To me, being both anal-retentative and a woman with very limited resources, I am psychologically compelled to figure out the cost of literally everything. In that way, I can then determine whether it can be worked into the budget or not. Besides, experience teaches me I am not overtly fond of both financial surprises or being seriously unprepared. When I am financially surprised and unprepared - bad things happen. While this principle guides my life it also has wider applications for governments.
The Israeli government has failed to calculate the true cost of evicting 8,000 plus Jews from their home in the Gaza Strip says the Israeli Comptroller. The Jerusalem Post carries this report on the Comptroller's report:
The government failed to properly debate and calculate the true cost of the evacuation of 25 settlements in Gaza and northern Samaria in August of 2005, according to charges laid out in the 2007 State Comptroller's Report. It noted that original cost estimations for the Disengagement Plan in the winter of 2004 spoke of NIS 4.5 billion, which had doubled and turned into NIS 9 billion by May of 2006.
"Decision makers did not have exact figures about the budgetary needs," and were not properly briefed, the report stated. It blamed the problem largely on both the Ministerial Committee for Disengagement and the forum of directors-general that fed the committee information regarding the plan.
According to the report, which was released for publication Wednesday, the forum should have presented a more general overview with complete financial considerations. At the same time, the ministerial committee should have picked up on the problem and demanded better information. The Treasury should have developed a mechanism to track all the funding as well.
Even now, according to the report which was presented Wednesday to the Knesset, there is not enough information available to calculate the final cost of disengagement. The comptroller blamed a portion of the hike on the government's failure to initially address the resettlement costs not associated with personal reimbursements to the evacuees.

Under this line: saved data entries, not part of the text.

-- ===== src/Sema/Post.antt =====
-- Posting to a semaphore: the first waiter goes on, or a unit is added.
use rk.Base.{
  ℕ, ◌+◌, ◌≡◌, ◌≢◌, refl, ap, sym, ◌∙◌, inl, inr, List, [], ◌∷◌, ◌++◌, ltb, Bool-cases, fun_ext,
  arith, if◌then◌else◌,
}
use mathlib.Core.Path.{subst}
use rk.Err.{Err, success, sema_full}
use rk.Kernel.{
  Kernel, Semaphore, Status, TimeoutType, sema_queue, update, update-same, checked, checked-case,
}
use rk.Sched.Queue.{prio_of, deq, deq_list, clear_if_empty, is_ready_queue}
use rk.Sched.Resched.{resched_task}
use rk.Sched.Order.{IsOrdered}
use rk.Sched.Frame.{Frame, Frame-trans, ready_switch-Frame}
use rk.Sched.Switch.{ready_switch, postproc_tid}
use rk.Sched.Wake.{ready_switch-status, ready_switch-lists}
use rk.Timeout.Node.{stop_timeout}
use rk.Timeout.Frame.{stop_timeout-lists, stop_timeout-Frame}
use rk.Sema.Defs.{
  give_unit, sema_ready_err, wake_waiter, post_deq, post, public_ready_err, set_sema,
}
use rk.Sema.Laws.{IsSound, Holds, Holds-Frame, set_sema-Holds, give_unit_eq, give_unit-IsSound}

give_unit-waiting : (s : Semaphore) → IsSound s → (give_unit s).1.waiting ≡ s.waiting
give_unit-waiting s h = subst (λ x. x.1.waiting ≡ s.waiting) (sym (give_unit_eq s h)) (ground arith)

wake_waiter-Frame : (k : Kernel) (r t : ℕ) → Frame k (wake_waiter k r t).1
unfolding wake_waiter
wake_waiter-Frame k r t =
    let k' = stop_timeout k t TimeoutType.blocking in
    Frame-trans (stop_timeout-Frame k t TimeoutType.blocking) (ready_switch-Frame k' r t)

-- a semaphore with a waiter has no unit
no_unit : (s : Semaphore) (t : ℕ) (ts : List ℕ) → IsSound s → s.waiting ≡ t ∷ ts → s.value ≡ 0
no_unit s t ts h e = elim h.waits [ inl f ↦ ground (arith, e, f) | inr z ↦ z ]

post_deq-Holds :
    (k : Kernel) (r a : ℕ) (xs : List ℕ)
    → Holds k a
    → (k.semas a).waiting ≡ xs
    → Holds (post_deq k r a (deq_list k (sema_queue a) xs)).1 a
unfolding post_deq deq_list clear_if_empty is_ready_queue
post_deq-Holds k r a [] h e =
    set_sema-Holds k a (give_unit (k.semas a)).1 (give_unit-IsSound (k.semas a) h.0 e)
      (subst (IsOrdered (prio_of k)) (sym (give_unit-waiting (k.semas a) h.0)) h.1)
post_deq-Holds k r a (t ∷ ts) h e =
    let s = record (k.semas a) { waiting = ts } in
    let z = no_unit (k.semas a) t ts h.0 e in
    let o = subst (IsOrdered (prio_of k)) e h.1 in
    Holds-Frame (set_sema k a s) _ a (wake_waiter-Frame (set_sema k a s) r t) (
      set_sema-Holds k a s
        (record { bound = h.0.bound; positive = h.0.positive; word = h.0.word; waits = inr z }) o.1)

-- kSemaphorePost, whatever its outcome, keeps a semaphore in order: the value in its bound,
-- no unit while a task waits, and the waiters by priority.
pub post-Holds : (k : Kernel) (r a : ℕ) → Holds k a → Holds (post k r a).1 a
unfolding post deq
post-Holds k r a h =
    checked-case (λ x. Holds x a) (sema_ready_err k a) _ k
      (post_deq-Holds k r a (k.semas a).waiting h refl) h

post-ready :
    (k : Kernel) (r a : ℕ) (xs : List ℕ)
    → sema_ready_err k a ≡ success
    → (k.semas a).waiting ≡ xs
    → post k r a ≡ post_deq k r a (deq_list k (sema_queue a) xs)
unfolding post deq
post-ready k r a xs e w =
    ap (λ x. checked x (post_deq k r a (deq k (sema_queue a))) k) e
    ∙ ap (λ ys. post_deq k r a (deq_list k (sema_queue a) ys)) w

set_sema-same : (k : Kernel) (a : ℕ) → set_sema k a (k.semas a) ≡ k
set_sema-same k a =
    ap (λ f. record k { semas = f })
      (fun_ext {f = update k.semas a (k.semas a)} {g = k.semas} (λ j. ground arith))

-- kSemaphorePost to a semaphore in order that the caller may use, with nobody waiting, adds
-- one unit, or refuses with RK_ERR_SEMA_FULL where the bound is reached; nothing else of the
-- kernel changes. A binary semaphore is no exception.
post_no_waiter :
    (k : Kernel) (r a : ℕ)
    → Holds k a
    → sema_ready_err k a ≡ success
    → (k.semas a).waiting ≡ []
    → let s = k.semas a in
      post k r a ≡ (
        if ltb s.value s.max_value
        then (success, set_sema k a (record s { value = s.value + 1 }))
        else (sema_full, k))
unfolding post_deq deq_list
post_no_waiter k r a h e w =
    post-ready k r a [] e w
    ∙ ap (λ x. (x.0, set_sema k a x.1)) (give_unit_eq (k.semas a) h.0)
    ∙ elim (Bool-cases (ltb (k.semas a).value (k.semas a).max_value)) [
      | inl l ↦ rw l refl
      | inr l ↦ rw l (ap (λ x. (sema_full, x)) (set_sema-same k a))
    ]

public_success : (k : Kernel) (r t : ℕ) → public_ready_err (ready_switch k r t).0 ≡ success
unfolding ready_switch resched_task public_ready_err
public_success k r t = ground arith

-- what a call that woke task `t` did, where `s` is the semaphore without it
abbrev Woken : Kernel → Semaphore → ℕ → ℕ → Err × Kernel → Type 0
Woken k s a t x =
    (x.0 ≡ success)
    × (x.1.semas a ≡ s)
    × ((x.1.tasks t).status ≡ Status.ready)
    × (x.1.ready_lists ≡ update k.ready_lists (prio_of k t) (k.ready_lists (prio_of k t) ++ t ∷ []))

wake_waiter-Woken :
    (k : Kernel) (s : Semaphore) (r a t : ℕ)
    → t ≢ postproc_tid
    → Woken k s a t (wake_waiter (set_sema k a s) r t)
unfolding wake_waiter
wake_waiter-Woken k s r a t n =
    let k0 = set_sema k a s in
    let k1 = stop_timeout k0 t TimeoutType.blocking in
    (
      public_success k1 r t,
      ap (λ m. m a) (wake_waiter-Frame k0 r t).semas ∙ update-same k.semas a s,
      ready_switch-status k1 r t,
      ready_switch-lists k1 r t n
          ∙ ap (λ l. update l (prio_of k1 t) (l (prio_of k1 t) ++ t ∷ []))
              (stop_timeout-lists k0 t TimeoutType.blocking)
          ∙ ap (λ p. update k.ready_lists p (k.ready_lists p ++ t ∷ []))
              ((stop_timeout-Frame k0 t TimeoutType.blocking).prio t),
    )

-- kSemaphorePost to a semaphore that the caller may use and that has waiters, the first of
-- them not the post-processing task, gives no unit: it succeeds, takes the first waiter off
-- the wait queue and puts it, ready, last in the ready queue of its priority.
pub post_wakes_first :
    (k : Kernel) (r a t : ℕ) (ts : List ℕ)
    → sema_ready_err k a ≡ success
    → (k.semas a).waiting ≡ t ∷ ts
    → t ≢ postproc_tid
    → let (e, k') = post k r a in
      (e ≡ success)
      × (k'.semas a ≡ record (k.semas a) { waiting = ts })
      × ((k'.tasks t).status ≡ Status.ready)
      × (k'.ready_lists
          ≡ update k.ready_lists (prio_of k t) (k.ready_lists (prio_of k t) ++ t ∷ []))
unfolding post_deq wake_waiter deq_list
post_wakes_first k r a t ts e w n =
    subst (Woken k (record (k.semas a) { waiting = ts }) a t) (sym (post-ready k r a (t ∷ ts) e w))
      (wake_waiter-Woken k (record (k.semas a) { waiting = ts }) r a t n)
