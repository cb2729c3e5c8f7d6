-- ===== src/Sema/Tests.antt =====
-- The semaphore theorems at a semaphore with two waiters.
use rk.Base.{◌≡◌, ◌≢◌, refl, inr, [], ◌∷◌, ◌++◌, arith}
use rk.Err.{success}
use rk.Obj.{object_ready_err}
use rk.Kernel.{Kernel, Status, update, sample_kernel, sample_sema}
use rk.Sched.Queue.{prio_of}
use rk.Sched.Switch.{postproc_tid}
use rk.Sema.Defs.{pend, post, sema_ready_err}
use rk.Sema.Laws.{Holds, pend-Holds}
use rk.Sema.Post.{post-Holds, post_wakes_first}

-- tasks 3 and 2 wait
abbrev two_wait : Kernel
two_wait = record sample_kernel { semas = λ a. sample_sema 0 (3 ∷ 2 ∷ []) }

two_wait-Holds : Holds two_wait 8
two_wait-Holds = (
  record { bound = ground arith; positive = ground arith; word = ground arith; waits = inr refl },
  ((ground arith, tt), (tt, tt)),
)

two_wait_ready : sema_ready_err two_wait 8 ≡ success
unfolding sema_ready_err object_ready_err
two_wait_ready = refl

pend-Holds_example : Holds (pend two_wait 4 8 100).1 8
pend-Holds_example = pend-Holds two_wait 4 8 100 two_wait-Holds

post-Holds_example : Holds (post two_wait 4 8).1 8
post-Holds_example = post-Holds two_wait 4 8 two_wait-Holds

not_postproc : 3 ≢ postproc_tid
not_postproc = ground arith

post_wakes_first_example :
    let (e, k') = post two_wait 4 8 in
    (e ≡ success)
    × (k'.semas 8 ≡ record (two_wait.semas 8) { waiting = 2 ∷ [] })
    × ((k'.tasks 3).status ≡ Status.ready)
    × (k'.ready_lists
        ≡ update two_wait.ready_lists
            (prio_of two_wait 3)
            (two_wait.ready_lists (prio_of two_wait 3) ++ 3 ∷ []))
post_wakes_first_example = post_wakes_first two_wait 4 8 3 (2 ∷ []) two_wait_ready refl not_postproc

In addition, financial considerations took a back seat to the diplomatic ones. Budgetary considerations should have been an important part of the decision making process when it came to weighing different implementation options, the report stated.
Even when the plan first passed the cabinet in June 2004, according to the report, "the government knew that financing it [disengagement] required a large scale budget... After the government approved the disengagement plan, a high priority should have been given to budgetary considerations when weighing implementation options." This didn't happen.
Decisions were made in a haphazard and piecemeal fashion that led to a budgetary hike of some NIS 2.4b. within half a year for evacuee assistance separate from personal compensation payments. In addition, no proper budgetary framework and limit was developed for all the aspects of the plan involved in taking the evacuees out of Gaza and northern Samaria.
The setting of overall financial limits would have forced a more effective allocation of funds, according to the comptroller. It added that some of the transfer requests to the Prime Minister's Office violated proper financial procedure and made it hard to implement budgetary controls.
While some of the uncalculated budget hike is attributable to military spending, which to date has reached NIS 2.5b., the report focused its attention on the decision making process with respect to additional civilian resettlement costs of NIS 2.4b. Included in this sum was NIS 210 million for hotel rooms where many of the evacuees were initially housed and NIS 775 million for temporary housing where most of the evacuees still live. According to the report, that NIS 2.4b. was the result of decisions made only after the initial disengagement budget passed the Knesset in March 2005. In that period, the focus was on the NIS 4.1b. set aside for personal compensation, of which it was expected that no more than NIS 2.5 to 3b. would actually be needed. While to date only some NIS 2.3b. has been given for personal compensation, it is expected, according to the comptroller's office, that at least the full NIS 4.1b. will be used.
There is more and it’s all dark but I would be remiss if I did not remind readers that full compensation has yet to be paid out, and almost two years later; the prospects for permanent housing for the majority of Gush Katif refugees is still bleak in the short-term.
So the next time anyone has a suggestion or peace plan for the region, let us start with the cost of calculating the "peace" by evicting almost half a million Jews from their homes in the West Bank.
Then we can move on to look at the Rand Corp study which estimated the needed influx of capital to help the Palestinians build a viable state out of the West Bank and the Gaza Strip. The Rand study is a few years old and was calculated before the rise of Hamas. It also counts on the non-destruction of the greenhouses of the Gaza Strip, as well as allowing for a significant influx of Palestinian labour fully into the Israeli economy which may or may not be allowed to happen. The Rand study, lowball-best-case scenario, starts at US$33 Billion.
Transfer has never looked better or more cost efficient.